Very nice dave,pity they get run over so often,i like the various local blotchys.Took afew pics of the ones with the red flush F left M right blue mountains form and two males ble mountains form.The males were fighting and carrying on big time this year,ile have to see what happens with the young females zen i have seen deformatys in one or two year old? fem blotch a friend had and most died.


----------



## Davem54 (Jan 12, 2006)

Zulu that one top left has a lot of red around his head? Yes they certainly do get run over, it amazes me there is any left. I get to see a a lot each year as I live in a rural area and they come in near home. Often on the roads around here too. I have been thinking of making a pit and buying some if anybody has any?


----------



## zulu (Jan 12, 2006)

*re Alpine*

Feb to march is when most alpines are born dave so thats the time to look for them advertised,was a few around last year.Problem is they have big babys but fewer than eastern blueys,i should have some but i wont be selling them all off.Steve bred his lowlands early but he lives up north and ive seen some alpines advertised as being bred months ago?maybe they was kept indoors.Last year was feb and they can go in jan earliest here outdoors till early march the latest.Ime sure there would be breeders of bloted in bathurst and surrounds they are so common there they must have them.  The male and fem pic i posted came out on the bottom and the two males on top.


----------



## Pike01 (Jan 12, 2006)

heres a couple of pics of zulus babies.


----------



## Davem54 (Jan 12, 2006)

Thanks for the info Zulu. I will keep an eye out. They just seem a bit expensive the blotchys.


----------



## Davem54 (Jan 12, 2006)

Thinking about it , the young ones are so nice I will have toget several


----------



## zulu (Jan 12, 2006)

*re Alpine*



Davem54 said:


> Thanks for the info Zulu. I will keep an eye out. They just seem a bit expensive the blotchys.
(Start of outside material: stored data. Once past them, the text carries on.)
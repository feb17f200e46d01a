-- ===== src/ScatterGather/Copies.antt =====
-- EGAD/scatter_gather.cu: what the copies of the kernels give, word by word, and the kernels by
-- warps against those by threads.
use mathlib.Core.Path.{fun_ext}
use egad_code.Prelude.{
  ℕ, zero, suc, ◌+◌, ◌-◌, ◌*◌, ◌/◌, ◌%◌, ◌^◌, ◌≤◌, ◌<◌, ◌≡◌, refl, ap, ◌∙◌, ltb, leb, ◌&&◌, ◌==◌,
  if◌then◌else◌, arith, Bool-cases, inl, inr, false,
}
use egad_code.Prelude.Words.{add32}
use egad_code.Prelude.Loops.{for_upto, stride_loop, grid_stride_lem, grid_guard_lem, for_upto-congr}
use egad_code.Storage.{Record, Slot, first, second, update, slot_version, slot_value, with_value}
use egad_code.Storage.Gpu.{Words}
use egad_code.ScatterGather.{Packed, Commit, Records, slot_at, memcpy_words}
use egad_code.ScatterGather.Kernels.{
  with_versions, copy_words, copy_words_lane, scatter_thread, scatter_lane, scatter_warp,
  pack_thread, pack_lane, pack_warp, k_scatter_versions, k_scatter_versions_warp, launch_scatter,
  k_pack_versions_by_grids, k_pack_versions_by_grids_warp, launch_pack,
}

module _ (src : Words) where
  abbrev store_word : ℕ → Words → Words
  store_word w d = update d w (src w)

  copied : (n : ℕ) (dst : Words) (j : ℕ) → for_upto n store_word dst j ≡ memcpy_words n src dst j
  unfolding for_upto
  copied zero dst j = ground arith
  copied (suc n) dst j = ground (arith, copied n dst j)

  -- The words that a strided loop of a lane copies.
  lane_copied :
      (fuel t n : ℕ) (dst : Words) (j : ℕ)
      → n + 32 ≤ 2 ^ 32
      → stride_loop fuel t 32 n store_word dst j ≡ (
          if leb t j && ltb j (t + 32 * fuel) && ltb j n && ((j - t) % 32 == 0)
          then src j
          else dst j)
  unfolding stride_loop
  lane_copied zero t n dst j w = ground arith
  lane_copied (suc fuel) t n dst j w = elim (Bool-cases (ltb t n)) [
    | inl inside ↦
        let next : add32 t 32 ≡ t + 32 = ground arith in
        let l : t < n = ground arith in
        let rest = lane_copied fuel (t + 32) n (store_word t dst) j w in
        rw (inside, next) (rest ∙ stored l)
    | inr outside ↦ let l : n ≤ t = ground arith in rw outside (ground arith)
  ]
    where
      stored :
          t < n
          → (if leb (t + 32) j
                && ltb j (t + 32 + 32 * fuel)
                && ltb j n
                && ((j - (t + 32)) % 32 == 0)
              then src j
              else store_word t dst j)
            ≡ (if leb t j && ltb j (t + 32 * suc fuel) && ltb j n && ((j - t) % 32 == 0)
                then src j
                else dst j)
      stored l = ground arith

copy_words_lem : (n : ℕ) (src dst : Words) → copy_words n src dst ≡ memcpy_words n src dst
unfolding copy_words
copy_words_lem n src dst = fun_ext λ j. copied src n dst j

copy_words_lane_lem :
    (n lane : ℕ) (src dst : Words) (j : ℕ)
    → lane < 32
    → n + 32 ≤ 2 ^ 32
    → copy_words_lane n src lane dst j ≡ (if ltb j n && (j % 32 == lane) then src j else dst j)
unfolding copy_words_lane
copy_words_lane_lem n lane src dst j l w = lane_copied src n lane n dst j w ∙ residue
  where
    residue :
        (if leb lane j && ltb j (lane + 32 * n) && ltb j n && ((j - lane) % 32 == 0)
          then src j
          else dst j)
        ≡ (if ltb j n && (j % 32 == lane) then src j else dst j)
    residue = ground arith

-- The first `lanes` lanes of a warp.
lanes_copied :
    (n lanes : ℕ) (src dst : Words) (j : ℕ)
    → lanes ≤ 32
    → n + 32 ≤ 2 ^ 32
    → for_upto lanes (copy_words_lane n src) dst j
      ≡ (if ltb j n && ltb (j % 32) lanes then src j else dst j)
unfolding for_upto
lanes_copied n zero src dst j l w = ground arith
lanes_copied n (suc lanes) src dst j l w =
    copy_words_lane_lem n lanes src (for_upto lanes (copy_words_lane n src) dst) j (omega arith) w
    ∙ rw (lanes_copied n lanes src dst j (omega arith) w) (ground arith)

warp_copied :
    (n : ℕ) (src dst : Words)
    → n + 32 ≤ 2 ^ 32
    → for_upto 32 (copy_words_lane n src) dst ≡ memcpy_words n src dst
warp_copied n src dst w = fun_ext λ j. ground (arith, lanes_copied n 32 src dst j (omega arith) w)

-- What a scatter makes of a record, and a pack of an entry.
abbrev pub scattered : ℕ → Packed → Slot → Record Words → Record Words
scattered n p slot r =
    with_value (with_versions r p) slot (memcpy_words n p.value (slot_value r slot))

abbrev pub packed_commit : ℕ → Record Words → Slot → Commit → Commit
packed_commit n r slot entry = record {
  version = slot_version r slot;
  value = memcpy_words n (slot_value r slot) entry.value;
}

scatter_thread_lem :
    (n : ℕ) (p : Packed) (slot : Slot) (r : Record Words)
    → scatter_thread n p slot r ≡ scattered n p slot r
unfolding scatter_thread
scatter_thread_lem n p first r =
    ap (with_value (with_versions r p) first) (copy_words_lem n p.value r.value1)
scatter_thread_lem n p second r =
    ap (with_value (with_versions r p) second) (copy_words_lem n p.value r.value2)

scatter_lanes :
    (n : ℕ) (p : Packed) (slot : Slot) (r : Record Words) (lanes : ℕ)
    → for_upto (suc lanes) (scatter_lane n p slot) r
      ≡ with_value
          (with_versions r p)
          slot
          (for_upto (suc lanes) (copy_words_lane n p.value) (slot_value r slot))
unfolding for_upto scatter_lane
scatter_lanes n p first r zero = refl
scatter_lanes n p second r zero = refl
scatter_lanes n p first r (suc lanes) =
    let later : (suc lanes == 0) ≡ false = ground arith in
    ap (scatter_lane n p first (suc lanes)) (scatter_lanes n p first r lanes) ∙ rw later refl
scatter_lanes n p second r (suc lanes) =
    let later : (suc lanes == 0) ≡ false = ground arith in
    ap (scatter_lane n p second (suc lanes)) (scatter_lanes n p second r lanes) ∙ rw later refl

scatter_warp_lem :
    (n : ℕ) (p : Packed) (slot : Slot) (r : Record Words)
    → n + 32 ≤ 2 ^ 32
    → scatter_warp n p slot r ≡ scattered n p slot r
unfolding scatter_warp
scatter_warp_lem n p slot r w =
    scatter_lanes n p slot r 31
    ∙ ap (with_value (with_versions r p) slot) (warp_copied n p.value (slot_value r slot) w)

pack_thread_lem :
    (n : ℕ) (r : Record Words) (slot : Slot) (entry : Commit)
    → pack_thread n r slot entry ≡ packed_commit n r slot entry
unfolding pack_thread
pack_thread_lem n r slot entry =
    ap (λ v. record { version = slot_version r slot; value = v })
      (copy_words_lem n (slot_value r slot) entry.value)

pack_lanes :
    (n : ℕ) (r : Record Words) (slot : Slot) (entry : Commit) (lanes : ℕ)
    → for_upto (suc lanes) (pack_lane n r slot) entry ≡ record {
      version = slot_version r slot;
      value = for_upto (suc lanes) (copy_words_lane n (slot_value r slot)) entry.value;
    }
unfolding for_upto pack_lane
pack_lanes n r slot entry zero = refl
pack_lanes n r slot entry (suc lanes) =
    let later : (suc lanes == 0) ≡ false = ground arith in
    ap (pack_lane n r slot (suc lanes)) (pack_lanes n r slot entry lanes) ∙ rw later refl

pack_warp_lem :
    (n : ℕ) (r : Record Words) (slot : Slot) (entry : Commit)
    → n + 32 ≤ 2 ^ 32
    → pack_warp n r slot entry ≡ packed_commit n r slot entry
unfolding pack_warp
pack_warp_lem n r slot entry w =
    pack_lanes n r slot entry 31
    ∙ ap (λ v. record { version = slot_version r slot; value = v })
        (warp_copied n (slot_value r slot) entry.value w)

module _ (val_words n : ℕ) (w : val_words + 32 ≤ 2 ^ 32) (fits : n + n + 256 ≤ 2 ^ 32) where
  -- Whichever kernel a launch picks, it does what a loop over the `n` entries does.
  pub launch_scatter_lem :
      (packed_vers : ℕ → Packed) (grids prev_slots : ℕ → ℕ) (gpu : Records)
      → launch_scatter val_words packed_vers grids prev_slots gpu n
        ≡ for_upto n
            (λ i dst.
              update dst
                (grids i)
                (scattered val_words (packed_vers i) (slot_at (prev_slots i)) (dst (grids i))))
            gpu
  unfolding launch_scatter k_scatter_versions k_scatter_versions_warp
  launch_scatter_lem packed_vers grids prev_slots gpu =
      let whole : n % 2 ^ 32 ≡ n = omega arith in
      elim (Bool-cases (leb 32 (4 * val_words))) [
        | inl large ↦
            rw (large, whole)
              (grid_stride_lem _ ((n + 8 - 1) / 8 * 8) n gpu (omega arith) (omega arith)
                ∙ for_upto-congr _ _ n gpu (λ i dst l. ap (update dst (grids i)) (
                    scatter_warp_lem val_words (packed_vers i) (slot_at (prev_slots i))
                      (dst (grids i)) w)))
        | inr small ↦
            rw (small, whole)
              (grid_guard_lem _ ((n + 256 - 1) / 256 * 256) n gpu (omega arith)
                ∙ for_upto-congr _ _ n gpu (λ i dst l. ap (update dst (grids i)) (
                    scatter_thread_lem val_words (packed_vers i) (slot_at (prev_slots i))
                      (dst (grids i)))))
      ]

  abbrev packing : Records → (ℕ → ℕ) → (ℕ → ℕ) → ℕ → (ℕ → Commit) → ℕ → Commit
  packing gpu grids curr_slots i out =
      update out i (packed_commit val_words (gpu (grids i)) (slot_at (curr_slots i)) (out i))

  by_threads :
      (threads : ℕ) (gpu : Records) (grids curr_slots : ℕ → ℕ) (out : ℕ → Commit)
      → n ≤ threads
      → n + threads ≤ 2 ^ 32
      → k_pack_versions_by_grids val_words threads gpu grids curr_slots out n
        ≡ for_upto n (packing gpu grids curr_slots) out
  unfolding k_pack_versions_by_grids
  by_threads threads gpu grids curr_slots out l f =
      grid_stride_lem _ threads n out l f
      ∙ for_upto-congr _ _ n out (λ i o l.
        ap (update o i) (pack_thread_lem val_words (gpu (grids i)) (slot_at (curr_slots i)) (o i)))

  by_warps :
      (warps : ℕ) (gpu : Records) (grids curr_slots : ℕ → ℕ) (out : ℕ → Commit)
      → n ≤ warps
      → n + warps ≤ 2 ^ 32
      → k_pack_versions_by_grids_warp val_words warps gpu grids curr_slots out n
        ≡ for_upto n (packing gpu grids curr_slots) out
  unfolding k_pack_versions_by_grids_warp
  by_warps warps gpu grids curr_slots out l f =
      grid_stride_lem _ warps n out l f
      ∙ for_upto-congr _ _ n out (λ i o l.
        ap (update o i) (pack_warp_lem val_words (gpu (grids i)) (slot_at (curr_slots i)) (o i) w))

  -- What both packs leave in the buffer.
  pub packed_all :
      (gpu : Records) (grids curr_slots : ℕ → ℕ) (out : ℕ → Commit) (k j : ℕ)
      → for_upto k (packing gpu grids curr_slots) out j ≡ (
          if ltb j k
          then packed_commit val_words (gpu (grids j)) (slot_at (curr_slots j)) (out j)
          else out j)
  unfolding for_upto
  packed_all gpu grids curr_slots out zero j = ground arith
  packed_all gpu grids curr_slots out (suc k) j =
      ground (arith, packed_all gpu grids curr_slots out k j)

  -- What a launch of either pack kernel leaves in the buffer.
  pub launch_pack_lem :
      (gpu : Records) (grids curr_slots : ℕ → ℕ) (out : ℕ → Commit) (j : ℕ)
      → launch_pack val_words gpu grids curr_slots out n j ≡ (
          if ltb j n
          then packed_commit val_words (gpu (grids j)) (slot_at (curr_slots j)) (out j)
          else out j)
  unfolding launch_pack
  launch_pack_lem gpu grids curr_slots out j =
      let whole : n % 2 ^ 32 ≡ n = omega arith in
      let all = packed_all gpu grids curr_slots out n j in
      elim (Bool-cases (leb 32 (4 * val_words))) [
        | inl large ↦
            rw (large, whole)
              (ap (λ f. f j)
                  (by_warps ((n + 8 - 1) / 8 * 8) gpu grids curr_slots out (omega arith)
                    (omega arith))
                ∙ all)
        | inr small ↦
            rw (small, whole)
              (ap (λ f. f j)
                  (by_threads ((n + 256 - 1) / 256 * 256) gpu grids curr_slots out (omega arith)
                    (omega arith))
                ∙ all)
      ]

  -- And the launch of `writeback_versions`, always by threads.
  pub pack_by_threads_lem :
      (gpu : Records) (grids curr_slots : ℕ → ℕ) (out : ℕ → Commit) (j : ℕ)
      → k_pack_versions_by_grids val_words
          ((n + 256 - 1) / 256 * 256)
          gpu
          grids
          curr_slots
          out
          (n % 2 ^ 32)
          j
        ≡ (if ltb j n
            then packed_commit val_words (gpu (grids j)) (slot_at (curr_slots j)) (out j)
            else out j)
  pack_by_threads_lem gpu grids curr_slots out j =
      let whole : n % 2 ^ 32 ≡ n = omega arith in
      rw whole (
        ap (λ f. f j)
          (by_threads ((n + 256 - 1) / 256 * 256) gpu grids curr_slots out (omega arith)
            (omega arith))
        ∙ packed_all gpu grids curr_slots out n j)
 Yeh i suppose its how you vew it,they lump all the different varietys of blotchies under one name and the average lowland blotch compared to a highlands animal is like a diamond python to a average coastal carpet in color.If Glen Shea was to separate them it would be a nitemare anyway with people carying on about intergrades and stuff i can imagine really.In the book reptiles of the highcountry they talk of the true montane type apparently in NSW and a smaller type with yellow blotches in some areas they have many localities listed.Sorry i cant find the book to get the details but someone will know like superpete,good read anyway.


----------



## peterescue (Jan 12, 2006)

looking for it now, must be my copy at your place, bugger


----------



## Pike01 (Jan 12, 2006)

Its alright i have my copy, it says"there appear to be 2 colour races present on the southern highlands:a lowlands form which has yellow blotches, and a montane variety which has pink blotches.The latter race appears to attain a greater length than the lowlands form.


----------



## peterescue (Jan 13, 2006)

well thats not going to cover it at all. Needs to be a bipartisan Senate inquiry into all the T.nigrolutea forms. Theres at least 4 maybe 5 in this thread alone.
Anyone got any Tassie examples?


----------



## zen (Jan 13, 2006)

:idea: I've noticed that sometimes when Alpine's get bitten by cagemates esp. on the head, after the scab is shed the wound is bright orange. 
This is well illustrated by Zulus pic of his male above. The large head scales on this specimen are broken up in the orange areas which confirms the connection between the damage & the increased pigmentation.
My theory is based on observations on specimens with good orange colour & might not occur in specimens with white or yellow blotches.


Males tend to bite each other on the head, whereas males bite females on the shoulder region when mating. 
This can be used to used to determine the sex of Blotchies that have bred before.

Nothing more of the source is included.